Among the dead, 65 were victims of a killer mudslide that buried a shanty town in the northern suburb of Ghatkopar on Wednesday, when three people died in a smaller mudslide elsewhere and three more drowned on Bombay's swamped streets.

Officials said the casualty list mounted Thursday with nine people "sucked into overflowing drains and drowned" in the suburb of Thane.

The rain finally abated on Friday, after a 48-hour deluge that wreaked chaos in Bombay and other areas of western Maharashtra state, as well as neighbouring Gujarat, where at least five people died.

At the Ghatkopar landslide site, rescue officials feared more bodies lay buried under the mass of mud and rock.

"The toll is likely to rise and many more people are still trapped in the debris," said additional municipal commissioner Gautam Chatterjee.

Chatterjee said initial rescue operations had been hampered by continued rain and the location of the disaster.

"The access road to the site was a small passage which cut through a row of houses and only one person could pass through the route," Chatterjee said.

"It was only after we had demolished some houses that a proper access for vehicles could be worked out."

Municipal officials called in the military to help dig for bodies.

Another official involved in the rescue work who did not want to be named said at least 200 bodies could still be buried.

The majority of those killed were slum-dwellers living on a hillside.

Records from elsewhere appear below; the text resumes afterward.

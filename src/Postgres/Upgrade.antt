-- ===== src/Postgres/Upgrade.antt =====
-- The connection of the PostgreSQL backend, and the upgrade of its tables in one transaction
-- (src/db/postgres.cpp, `open`, `upgradeDB`). What is printed is left out.
use dazeus_core.Base.{
  Bool, true, false, ◌&&◌, List, [], ◌∷◌, ◌++◌, drop, Option, none, some, ◌⊎◌, inl, inr,
  if◌then◌else◌, is_empty, ltb,
}
use dazeus_core.Int.{ℤ, pos, negsuc}
use dazeus_core.Text.{Str, lit}
use dazeus_core.Text.Decimal.{decimal}
use dazeus_core.Run.{undefined_behaviour}
use dazeus_core.Requests.{Outcome, returns, throws, crashes}
use dazeus_core.Settings.{DatabaseConfig}
use dazeus_core.Sqlite.Rows.{Property, Permission}
use dazeus_core.Sqlite.{◌>>=◌}
use dazeus_core.Postgres.Rows.{find_values, upsert_property}
use dazeus_core.Postgres.{Commit, committed, refused, in_doubt, unless, answered}

-- `name = value `, where a value is given
unfoldable pub setting : Str → Str → Str
unfolding lit
setting name value = if is_empty value then [] else name ++ (lit " = " ++ (value ++ lit " "))

unfoldable pub connection_string : DatabaseConfig → Str
unfolding setting lit decimal
connection_string dbc =
    setting (lit "host") dbc.hostname
    ++ (setting (lit "port") (if ltb 0 dbc.port then decimal dbc.port else [])
        ++ (setting (lit "dbname") dbc.database
            ++ (setting (lit "user") dbc.username
                ++ (setting (lit "password") dbc.password ++ dbc.options))))

-- what the database has
pub record Schema : Type 0 where
  pub properties : Option (List Property)
  pub permissions : Option (List Permission)
  pub update_function : Bool
  pub properties_trigger : Bool
  pub permissions_trigger : Bool

pub data Upgrade : Type 0 where
  create_properties create_permissions create_function : Upgrade
  create_properties_trigger create_permissions_trigger : Upgrade

-- what a transaction sends to the server
pub data Call : Type 0 where
  find_table find_version store_version : Call
  upgrade : Upgrade → Call

-- What the server and libpqxx answer: texts of exceptions where a call fails, and how a text is read
-- as an `int`.
pub record Host : Type 0 where
  pub order : Str → Str → Bool
  pub connect : Str → Option Str
  pub prepare : Option Str
  pub start : Option Str
  pub fault : Call → Schema → Option Str
  pub exists_already : Str
  pub is_missing : Str
  pub duplicate : Str
  pub as_int : Str → Str ⊎ ℤ
  pub finish : Schema → Commit

abbrev pub is_there : {A : Type 0} → Option A → Bool
is_there none = false
is_there (some _) = true

abbrev pub upgrades : List Upgrade
upgrades =
    create_properties ∷ create_permissions ∷ create_function ∷ create_properties_trigger
    ∷ create_permissions_trigger ∷ []

module _ (v : Host) where
  -- the statement of an upgrade
  unfoldable pub run_sql : Upgrade → Schema → Str ⊎ Schema
  run_sql create_properties d =
      if is_there d.properties
      then inl v.exists_already
      else inr (record d { properties = some [] })
  run_sql create_permissions d =
      if is_there d.permissions
      then inl v.exists_already
      else inr (record d { permissions = some [] })
  run_sql create_function d = inr (record d { update_function = true })
  run_sql create_properties_trigger d =
      if is_there d.properties && d.update_function
      then (if d.properties_trigger
          then inl v.exists_already
          else inr (record d { properties_trigger = true }))
      else inl v.is_missing
  run_sql create_permissions_trigger d =
      if is_there d.permissions && d.update_function
      then (if d.permissions_trigger
          then inl v.exists_already
          else inr (record d { permissions_trigger = true }))
      else inl v.is_missing

  -- a call that succeeds with what is given, unless the server fails
  abbrev pub called : Call → Schema → Outcome Schema → Outcome Schema
  called call d answer = unless (v.fault call d) answer

  -- `w.exec(upgrades[i])` in the loop
  unfoldable pub run_upgrades : List Upgrade → Schema → Outcome Schema
  unfolding run_sql
  run_upgrades [] d = returns d
  run_upgrades (u ∷ us) d = called (upgrade u) d (answered (run_sql u d)) >>= run_upgrades us

  -- `update_property` for the version, in every scope empty
  unfoldable pub store : Schema → Outcome Schema
  unfolding upsert_property lit decimal
  store d = elim d.properties [
    | none ↦ throws v.is_missing
    | some rows ↦ elim (upsert_property (lit "dazeus_version") (decimal 5) [] [] [] rows) [
      | none ↦ throws v.duplicate
      | some rows' ↦ returns (record d { properties = some rows' })
    ]
  ]

  unfoldable pub version_of : List Str → Outcome ℤ
  version_of [] = returns (pos 0)
  version_of (value ∷ _) = answered (v.as_int value)

  unfoldable pub read_version : Schema → Outcome ℤ
  unfolding version_of find_values lit
  read_version d = elim d.properties [
    | none ↦ returns (pos 0)
    | some rows ↦
        unless (v.fault find_version d)
          (version_of (find_values v.order (lit "dazeus_version") [] [] [] rows))
  ]

  -- the upgrades that are left, and whether there are any; a negative version reads before `upgrades`
  unfoldable pub upgrade_from : Schema → ℤ → Outcome (Schema × Bool)
  unfolding run_upgrades store
  upgrade_from d (negsuc n) = crashes undefined_behaviour
  upgrade_from d (pos n) =
      if ltb n 5
      then (run_upgrades (drop n upgrades) d >>= λ e.
          called store_version e (store e) >>= λ e'. returns (e', true))
      else returns (d, false)

  -- the transaction until its end
  unfoldable pub work : Schema → Outcome (Schema × Bool)
  unfolding read_version upgrade_from
  work d =
      unless v.start (called find_table d (returns d) >>= λ _. read_version d >>= upgrade_from d)

  unfoldable pub conclude : Schema → Schema → Commit → Schema × Outcome (Unit {0})
  conclude d d' committed = (d', returns tt)
  conclude d d' (refused why) = (d, throws why)
  conclude d d' (in_doubt done why) = (if done then d' else d, throws why)

  -- a transaction that does not come to its commit changes nothing
  unfoldable pub upgrade_db : Schema → Outcome (Schema × Bool) → Schema × Outcome Unit
  unfolding conclude
  upgrade_db d (returns (d', true)) = conclude d d' (v.finish d')
  upgrade_db d (returns (d', false)) = (d, returns tt)
  upgrade_db d (throws why) = (d, throws why)
  upgrade_db d (crashes why) = (d, crashes why)

  -- `open`; the exceptions of libpqxx become those of the database
  unfoldable pub open_connection : DatabaseConfig → Schema → Schema × Outcome Unit
  unfolding connection_string work upgrade_db
  open_connection dbc d =
      upgrade_db d (unless (v.connect (connection_string dbc)) (unless v.prepare (work d)))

Slum dwellers account for 60 percent of the city's population of 12 million people.

The rains disrupted transport, power supplies and communications systems across the city, with schools and colleges acting as shelters for the stranded and homeless.

Office workers, who predominantly use the suburban rail network, had been stuck in trains for hours with flooded tracks making it impossible for them to walk to safety.

Meteorologists said the rains were caused by a low pressure area over the Bay of Bengal and the eastern coast of India.